Re: Review Request: Race condition in LinkRegistry.cpp

Posted by Alan Conway <ac...@redhat.com>.
-----------------------------------------------------------
This is an automatically generated e-mail. To reply, visit:
https://reviews.apache.org/r/6396/#review9991
-----------------------------------------------------------

Ship it!


Ship It!

- Alan Conway


On Aug. 6, 2012, 5:51 p.m., Kenneth Giusti wrote:
> 
> -----------------------------------------------------------
> This is an automatically generated e-mail. To reply, visit:
> https://reviews.apache.org/r/6396/
> -----------------------------------------------------------
> 
> (Updated Aug. 6, 2012, 5:51 p.m.)
> 
> 
> Review request for qpid, Alan Conway, Gordon Sim, and Ted Ross.
> 
> 
> Description
> -------
> 
> Occasionally, the cluster tests will fail in the test_federation_multilink_failover test with the following error:
> 
> cluster_tests.ShortTests.test_federation_multilink_failover ................................................................................................................... fail
> Error during test:  Traceback (most recent call last):
>     File "/home/kgiusti/Desktop/work/qpid/trunk/build/qpid/src/tests/python/commands/qpid-python-test", line 340, in run
>       phase()
>     File "/home/kgiusti/Desktop/work/qpid/trunk/qpid/cpp/src/tests/cluster_tests.py", line 992, in test_federation_multilink_failover
>       assert self._verify_federation(src_cluster[1], "FedX/two", dst_cluster[1], "destQ2")
>   AssertionError
> 
> The problem is due to a race condition in the LinkRegistry code.  When a new connection event occurs for a federation Link, the LinkRegistry attempts to find a Link instance that is attempting to connect to the remote in order to assign the connection.  The problem is due to the fact that the search for the target link is done under a lock, but the assignment is done outside of the lock (to prevent lock inversion).
> 
> The proposed fix has LinkRegistry hold all disconnected Links in a separate container, and perform the search of that container (and the removal on match) while holding a lock.
> 
> 
> This addresses bug QPID-4193.
>     https://issues.apache.org/jira/browse/QPID-4193
> 
> 
> Diffs
> -----
> 
>   /trunk/qpid/cpp/src/qpid/broker/LinkRegistry.h 1368984 
>   /trunk/qpid/cpp/src/qpid/broker/LinkRegistry.cpp 1368984 
>   /trunk/qpid/cpp/src/qpid/cluster/Connection.cpp 1368984 
>   /trunk/qpid/cpp/src/qpid/cluster/UpdateClient.cpp 1368984 
> 
> Diff: https://reviews.apache.org/r/6396/diff/
> 
> 
> Testing
> -------
> 
> Federation and cluster unit tests.
> Ran test_federation_multilink_failover repeatedly with no crash.
> 
> 
> Thanks,
> 
> Kenneth Giusti
> 
>


Re: Review Request: Race condition in LinkRegistry.cpp

Posted by Alan Conway <ac...@redhat.com>.

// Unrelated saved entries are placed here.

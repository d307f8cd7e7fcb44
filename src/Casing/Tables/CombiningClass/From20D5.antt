-- ===== src/Casing/Tables/CombiningClass/From20D5.antt =====
-- `internal::dchar_ccc` (sys.Text/data/UnicodeCCC.h): the canonical combining class, as its number in the
-- enumeration. An entry has the first and last code point of a range, and its class.
use libcxxext.Prelude.{ℕ, List, [], ◌∷◌}

abbrev pub ccc_from_20d5 : List (ℕ × ℕ × ℕ)
ccc_from_20d5 =
    (0x20D5, 0x20D7, 230)
    ∷ (0x20D8, 0x20DA, 1)
    ∷ (0x20DB, 0x20DC, 230)
    ∷ (0x20E1, 0x20E1, 230)
    ∷ (0x20E5, 0x20E6, 1)
    ∷ (0x20E7, 0x20E7, 230)
    ∷ (0x20E8, 0x20E8, 220)
    ∷ (0x20E9, 0x20E9, 230)
    ∷ (0x20EA, 0x20EB, 1)
    ∷ (0x20EC, 0x20EF, 220)
    ∷ (0x20F0, 0x20F0, 230)
    ∷ (0x2CEF, 0x2CF1, 230)
    ∷ (0x2D7F, 0x2D7F, 9)
    ∷ (0x2DE0, 0x2DFF, 230)
    ∷ (0x302A, 0x302A, 218)
    ∷ (0x302B, 0x302B, 228)
    ∷ (0x302C, 0x302C, 232)
    ∷ (0x302D, 0x302D, 222)
    ∷ (0x302E, 0x302F, 224)
    ∷ (0x3099, 0x309A, 8)
    ∷ (0xA66F, 0xA66F, 230)
    ∷ (0xA674, 0xA67D, 230)
    ∷ (0xA69E, 0xA69F, 230)
    ∷ (0xA6F0, 0xA6F1, 230)
    ∷ (0xA806, 0xA806, 9)
    ∷ (0xA82C, 0xA82C, 9)
    ∷ (0xA8C4, 0xA8C4, 9)
    ∷ (0xA8E0, 0xA8F1, 230)
    ∷ (0xA92B, 0xA92D, 220)
    ∷ (0xA953, 0xA953, 9)
    ∷ (0xA9B3, 0xA9B3, 7)
    ∷ (0xA9C0, 0xA9C0, 9)
    ∷ (0xAAB0, 0xAAB0, 230)
    ∷ (0xAAB2, 0xAAB3, 230)
    ∷ (0xAAB4, 0xAAB4, 220)
    ∷ (0xAAB7, 0xAAB8, 230)
    ∷ (0xAABE, 0xAABF, 230)
    ∷ (0xAAC1, 0xAAC1, 230)
    ∷ (0xAAF6, 0xAAF6, 9)
    ∷ (0xABED, 0xABED, 9)
    ∷ (0xFB1E, 0xFB1E, 26)
    ∷ (0xFE20, 0xFE26, 230)
    ∷ (0xFE27, 0xFE2D, 220)
    ∷ (0xFE2E, 0xFE2F, 230)
    ∷ (0x101FD, 0x101FD, 220)
    ∷ (0x102E0, 0x102E0, 220)
    ∷ (0x10376, 0x1037A, 230)
    ∷ (0x10A0D, 0x10A0D, 220)
    ∷ (0x10A0F, 0x10A0F, 230)
    ∷ (0x10A38, 0x10A38, 230)
    ∷ (0x10A39, 0x10A39, 1)
    ∷ (0x10A3A, 0x10A3A, 220)
    ∷ (0x10A3F, 0x10A3F, 9)
    ∷ (0x10AE5, 0x10AE5, 230)
    ∷ (0x10AE6, 0x10AE6, 220)
    ∷ []

abbrev pub ccc_from_10d24 : List (ℕ × ℕ × ℕ)
ccc_from_10d24 =
    (0x10D24, 0x10D27, 230)
    ∷ (0x10D69, 0x10D6D, 230)
    ∷ (0x10EAB, 0x10EAC, 230)
    ∷ (0x10EFA, 0x10EFB, 220)
    ∷ (0x10EFD, 0x10EFF, 220)
    ∷ (0x10F46, 0x10F47, 220)
    ∷ (0x10F48, 0x10F4A, 230)
    ∷ (0x10F4B, 0x10F4B, 220)
    ∷ (0x10F4C, 0x10F4C, 230)
    ∷ (0x10F4D, 0x10F50, 220)
    ∷ (0x10F82, 0x10F82, 230)
    ∷ (0x10F83, 0x10F83, 220)
    ∷ (0x10F84, 0x10F84, 230)
    ∷ (0x10F85, 0x10F85, 220)
    ∷ (0x11046, 0x11046, 9)
    ∷ (0x11070, 0x11070, 9)
    ∷ (0x1107F, 0x1107F, 9)
    ∷ (0x110B9, 0x110B9, 9)
    ∷ (0x110BA, 0x110BA, 7)
    ∷ (0x11100, 0x11102, 230)
    ∷ (0x11133, 0x11134, 9)
    ∷ (0x11173, 0x11173, 7)
    ∷ (0x111C0, 0x111C0, 9)
    ∷ (0x111CA, 0x111CA, 7)
    ∷ (0x11235, 0x11235, 9)
    ∷ (0x11236, 0x11236, 7)
    ∷ (0x112E9, 0x112E9, 7)
    ∷ (0x112EA, 0x112EA, 9)
    ∷ (0x1133B, 0x1133C, 7)
    ∷ (0x1134D, 0x1134D, 9)
    ∷ (0x11366, 0x1136C, 230)
    ∷ (0x11370, 0x11374, 230)
    ∷ (0x113CE, 0x113D0, 9)
    ∷ (0x11442, 0x11442, 9)
    ∷ (0x11446, 0x11446, 7)
    ∷ (0x1145E, 0x1145E, 230)
    ∷ (0x114C2, 0x114C2, 9)
    ∷ (0x114C3, 0x114C3, 7)
    ∷ (0x115BF, 0x115BF, 9)
    ∷ (0x115C0, 0x115C0, 7)
    ∷ (0x1163F, 0x1163F, 9)
    ∷ (0x116B6, 0x116B6, 9)
    ∷ (0x116B7, 0x116B7, 7)
    ∷ (0x1172B, 0x1172B, 9)
    ∷ (0x11839, 0x11839, 9)
    ∷ (0x1183A, 0x1183A, 7)
    ∷ (0x1193D, 0x1193E, 9)
    ∷ (0x11943, 0x11943, 7)
    ∷ (0x119E0, 0x119E0, 9)
    ∷ (0x11A34, 0x11A34, 9)
    ∷ (0x11A47, 0x11A47, 9)
    ∷ (0x11A99, 0x11A99, 9)
    ∷ (0x11C3F, 0x11C3F, 9)
    ∷ (0x11D42, 0x11D42, 7)
    ∷ (0x11D44, 0x11D45, 9)
    ∷ (0x11D97, 0x11D97, 9)
    ∷ (0x11F41, 0x11F42, 9)
    ∷ (0x1612F, 0x1612F, 9)
    ∷ (0x16AF0, 0x16AF4, 1)
    ∷ (0x16B30, 0x16B36, 230)
    ∷ (0x16FF0, 0x16FF1, 6)
    ∷ (0x1BC9E, 0x1BC9E, 1)
    ∷ (0x1D165, 0x1D166, 216)
    ∷ (0x1D167, 0x1D169, 1)
    ∷ (0x1D16D, 0x1D16D, 226)
    ∷ (0x1D16E, 0x1D172, 216)
    ∷ (0x1D17B, 0x1D182, 220)
    ∷ (0x1D185, 0x1D189, 230)
    ∷ (0x1D18A, 0x1D18B, 220)
    ∷ (0x1D1AA, 0x1D1AD, 230)
    ∷ (0x1D242, 0x1D244, 230)
    ∷ (0x1E000, 0x1E006, 230)
    ∷ (0x1E008, 0x1E008, 230)
    ∷ []

abbrev pub ccc_from_1e009 : List (ℕ × ℕ × ℕ)
ccc_from_1e009 =
    (0x1E009, 0x1E018, 230)
    ∷ (0x1E01B, 0x1E021, 230)
    ∷ (0x1E023, 0x1E024, 230)
    ∷ (0x1E026, 0x1E02A, 230)
    ∷ (0x1E08F, 0x1E08F, 230)
    ∷ (0x1E130, 0x1E136, 230)
    ∷ (0x1E2AE, 0x1E2AE, 230)
    ∷ (0x1E2EC, 0x1E2EF, 230)
    ∷ (0x1E4EC, 0x1E4ED, 232)
    ∷ (0x1E4EE, 0x1E4EE, 220)
    ∷ (0x1E4EF, 0x1E4EF, 230)
    ∷ (0x1E5EE, 0x1E5EE, 230)
    ∷ (0x1E5EF, 0x1E5EF, 220)
    ∷ (0x1E6E3, 0x1E6E3, 230)
    ∷ (0x1E6E6, 0x1E6E6, 230)
    ∷ (0x1E6EE, 0x1E6EF, 230)
    ∷ (0x1E6F5, 0x1E6F5, 230)
    ∷ (0x1E8D0, 0x1E8D6, 220)
    ∷ (0x1E944, 0x1E949, 230)
    ∷ (0x1E94A, 0x1E94A, 7)
    ∷ []
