-- ===== src/Casing/Tables/CombiningClass.antt =====
-- `internal::dchar_ccc` (sys.Text/data/UnicodeCCC.h): the canonical combining class, as its number in the
-- enumeration. An entry has the first and last code point of a range, and its class.
mod From0300
mod From08D4
mod From20D5
use libcxxext.Prelude.{
  ℕ, ◌+◌, ◌-◌, ◌%◌, Bool, true, false, ◌&&◌, List, [], ◌∷◌, ◌++◌, ltb, leb, ◌==◌, if◌then◌else◌,
}
use libcxxext.Casing.Lookup.{class_of}
use libcxxext.Casing.Tables.CombiningClass.From0300.{ccc_from_0300, ccc_from_05b3}
use libcxxext.Casing.Tables.CombiningClass.From08D4.{ccc_from_08d4, ccc_from_1ac5}
use libcxxext.Casing.Tables.CombiningClass.From20D5.{ccc_from_20d5, ccc_from_10d24, ccc_from_1e009}

-- `canonical_combining_class::not_reordered` and `above`.
abbrev pub not_reordered : ℕ
not_reordered = 0

abbrev pub above : ℕ
above = 230

pub ccc : ℕ → ℕ
ccc c = class_of c (
    ccc_from_0300 ++ ccc_from_05b3 ++ ccc_from_08d4 ++ ccc_from_1ac5 ++ ccc_from_20d5
    ++ ccc_from_10d24 ++ ccc_from_1e009)
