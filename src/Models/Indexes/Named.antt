-- ===== src/Models/Indexes/Named.antt =====
-- The names of indexes fit.
use django_clickhouse_backen.Prelude.{
  ℕ, suc, ◌≡◌, ◌≤◌, refl, false, ◌||◌, ◌==◌, List, [], ◌∷◌, ◌++◌, length, length-append, take, Text,
  arith, if_cases, zero,
}
use django_clickhouse_backen.Models.Indexes.{
  Naming, named, max_name_length, underscore, parts, with_letter, set_name_with_model,
}

length-take : (n : ℕ) (t : Text) → length (take n t) ≤ n
length-take zero t = ground arith
length-take (suc n) [] = ground arith
length-take (suc n) (c ∷ t) = ground (arith, length-take n t)

length-parts :
    (table_name column digest suffix : Text)
    → length digest ≡ 6
    → length suffix ≤ 3
    → length (parts table_name column digest suffix) ≤ 30
unfolding parts
length-parts t c d s hd hs = ground (
  arith,
  length-append (take 11 t) (underscore ∷ (take 7 c ++ (underscore ∷ (d ++ (underscore ∷ s))))),
  length-append (take 7 c) (underscore ∷ (d ++ (underscore ∷ s))),
  length-append d (underscore ∷ s),
  length-take 11 t,
  length-take 7 c,
)

-- Whether a name begins with a character that may begin one.
pub Begins : Naming → Text → Type 0
Begins N [] = ⊥
Begins N (c ∷ t) = (c == underscore || Naming.is_digit N c) ≡ false

with_letter-length : (N : Naming) (t : Text) → length (with_letter N t) ≡ length t
unfolding with_letter
with_letter-length N [] = refl
with_letter-length N (c ∷ t) = ground arith

with_letter-Begins : (N : Naming) (c : ℕ) (t : Text) → Begins N (with_letter N (c ∷ t))
unfolding with_letter Begins
with_letter-Begins N c t =
    if_cases (Begins N) (c == underscore || Naming.is_digit N c) (λ h. Naming.letter_no_digit N)
      (λ h. h)

parts-Begins : (N : Naming) (t c d s : Text) → Begins N (with_letter N (parts t c d s))
unfolding parts
parts-Begins N [] c d s = with_letter-Begins N _ _
parts-Begins N (x ∷ t) c d s = with_letter-Begins N _ _

-- An index of at least one field, whose class has a suffix of three characters at most, always
-- gets a name, of 30 characters at most, that begins with neither an underscore nor a digit.
pub set_name_with_model-Begins :
    (N : Naming) (suffix table_name column : Text) (columns : List Text)
    → length suffix ≤ 3
    → (name : Text) × (set_name_with_model N suffix table_name (column ∷ columns) ≡ named name)
      × (length name ≤ max_name_length)
      × Begins N name
unfolding set_name_with_model
set_name_with_model-Begins N suffix table_name column columns h =
    let digest = Naming.names_digest N ((table_name ∷ column ∷ columns) ++ suffix ∷ []) 6 in
    let name = parts table_name column digest suffix in
    let fits : length name ≤ 30 =
      length-parts table_name column digest suffix (Naming.length-names_digest N _ 6) h in
    (
      with_letter N name,
      ground (arith, fits),
      ground (arith, fits, with_letter-length N name),
      parts-Begins N table_name column digest suffix,
    )
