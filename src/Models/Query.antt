-- ===== src/Models/Query.antt =====
-- Queries and query sets: Query.clone, clone_decorator and add_prewhere of
-- clickhouse_backend/models/sql/query.py, and QuerySet.settings, prewhere and explain of
-- clickhouse_backend/models/query.py. The dictionaries of settings and the nodes of conditions are
-- objects, which queries refer to. Django's clone copies these references.
mod Kept
pub mod Persistent
mod Examples
use django_clickhouse_backen.Prelude.{
  ℕ, suc, ◌+◌, Bool, true, false, Option, none, some, List, [], ◌∷◌, ◌++◌, ◌==◌, Text,
  if◌then◌else◌,
}
use django_clickhouse_backen.Prelude.Dict.{Dict, insert, text_eq}

-- What the objects hold: settings by their names, and conditions joined by AND.
pub record Store (V C : Type 0) : Type 0 where
  pub settings_at : ℕ → Dict Text V
  pub conditions_at : ℕ → List C
  pub next : ℕ

-- sql.Query has both attributes, the queries of UPDATE and DELETE get setting_info from the query that
-- they are made of, if it has one.
pub data Class : Type 0 where
  query update_or_delete : Class

pub record Query : Type 0 where
  pub class_of : Class
  pub setting_info : Option ℕ
  pub prewhere : Option ℕ
  pub is_sliced : Bool
  pub is_combined : Bool

abbrev pub update_at : {A : Type 0} → (ℕ → A) → ℕ → A → ℕ → A
update_at f n a m = if m == n then a else f m

-- d.update(kwargs)
unfoldable pub update_settings : {V : Type 0} → Dict Text V → Dict Text V → Dict Text V
update_settings [] d = d
update_settings ((k, v) ∷ given) d = update_settings given (insert k v d)

pub data Raised : Type 0 where
  not_supported type_error attribute_error : Raised

pub data Answer : Type 0 where
  returned : Query → Answer
  raises : Raised → Answer

module _ {V C : Type 0} where
  -- self.setting_info.copy() as the attribute of the clone
  unfoldable pub copy_settings : Option ℕ → Store V C → Option ℕ × Store V C
  copy_settings none s = (none, s)
  copy_settings (some r) s = (
    some s.next,
    record s { settings_at = update_at s.settings_at s.next (s.settings_at r); next = suc s.next },
  )

  -- self.prewhere.clone()
  unfoldable pub clone_prewhere : Option ℕ → Store V C → Option ℕ × Store V C
  clone_prewhere none s = (none, s)
  clone_prewhere (some r) s = (
    some s.next,
    record s {
      conditions_at = update_at s.conditions_at s.next (s.conditions_at r);
      next = suc s.next;
    },
  )

  unfoldable pub clone_prewhere_of : Class → Option ℕ → Store V C → Option ℕ × Store V C
  unfolding clone_prewhere
  clone_prewhere_of query r s = clone_prewhere r s
  clone_prewhere_of update_or_delete r s = (r, s)

  unfoldable pub clone : Query → Store V C → Query × Store V C
  unfolding copy_settings clone_prewhere_of
  clone q s =
      let (settings, s') = copy_settings q.setting_info s in
      let (conditions, s'') = clone_prewhere_of q.class_of q.prewhere s' in
      (record q { setting_info = settings; prewhere = conditions }, s'')

  -- clone.query.setting_info.update(kwargs), for a sql.Query
  unfoldable pub set_settings : Class → Option ℕ → Dict Text V → Store V C → Store V C
  unfolding update_settings
  set_settings query (some r) given s = record s {
    settings_at = update_at s.settings_at r (update_settings given (s.settings_at r));
  }
  set_settings query none given s = s
  set_settings update_or_delete r given s = s

  unfoldable pub settings : Dict Text V → Query → Store V C → Query × Store V C
  unfolding clone set_settings
  settings given q s =
      let (q', s') = clone q s in (q', set_settings q'.class_of q'.setting_info given s')

  -- add_prewhere: self.prewhere.add(clause, AND) if the clause is not empty
  unfoldable pub add_prewhere : Option ℕ → Option C → Store V C → Store V C
  add_prewhere none clause s = s
  add_prewhere (some r) none s = s
  add_prewhere (some r) (some c) s = record s {
    conditions_at = update_at s.conditions_at r (s.conditions_at r ++ (c ∷ []));
  }

  -- clone._query.add_prewhere, which the queries of Django do not have
  unfoldable pub added : Class → Query → Option C → Store V C → Answer × Store V C
  unfolding add_prewhere
  added query q clause s = (returned q, add_prewhere q.prewhere clause s)
  added update_or_delete q clause s = (raises attribute_error, s)

  -- `given` is whether there are arguments, and the clause what Django makes of them.
  unfoldable pub prewhere : Bool → Option C → Query → Store V C → Answer × Store V C
  unfolding clone added
  prewhere given clause q s =
      if q.is_combined
      then (raises not_supported, s)
      else if (if given then q.is_sliced else false)
      then (raises type_error, s)
      else (let (q', s') = clone q s in added q'.class_of q' clause s')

> On Aug. 7, 2012, 4:51 p.m., Alan Conway wrote:
> > Where is "the assignment is done outside of the lock" in the old code? The assignment in notifyConnection seems to have the same locking in both old and new code.
> 
> Kenneth Giusti wrote:
>     You're correct, the call to link::established() still happens outside the lock (it has to, to avoid lock inversion).
>     
>     What the patch does is prevent simultainous calls into LinkRegistry::notifyConnection (from parallel threads) from being able to mistakenly select the _same_ pending Link.  It does this by holding all "pending" Links in a container, and removing them - while locked - as they are selected.  Notice the call to pendingLinks.erase() while the lock is held.
>     
>     This prevents two threads from selecting the same pending Link.
> 
> Alan Conway wrote:
>     So it is possible for multiple connections to match the same link? In which case, how do you know you've selected the correct one?
> 
> Kenneth Giusti wrote:
>     Yes - it is possible to have multiple links running between the same two brokers.  You can create such links via management (QMF) by assigning unique names (since they will have the same remote address).
>     
>     The link really doesn't care which connection it gets as long as the connection is to the right destination.  So if two links to the same destination request connections at the same moment, it really doesn't matter which link gets assigned which connection.
>     
>     As an aside: a -much- better solution would be to have the Link that requested the connection get notified of the connection directly, rather having the notification go through the LinkRegistry, which then has to find a Link that is pending a connection to the remote.  The LinkRegistry really shouldn't be in the middle of the connection assignment.  I looked at doing that awhile back, but the implementation started getting complex....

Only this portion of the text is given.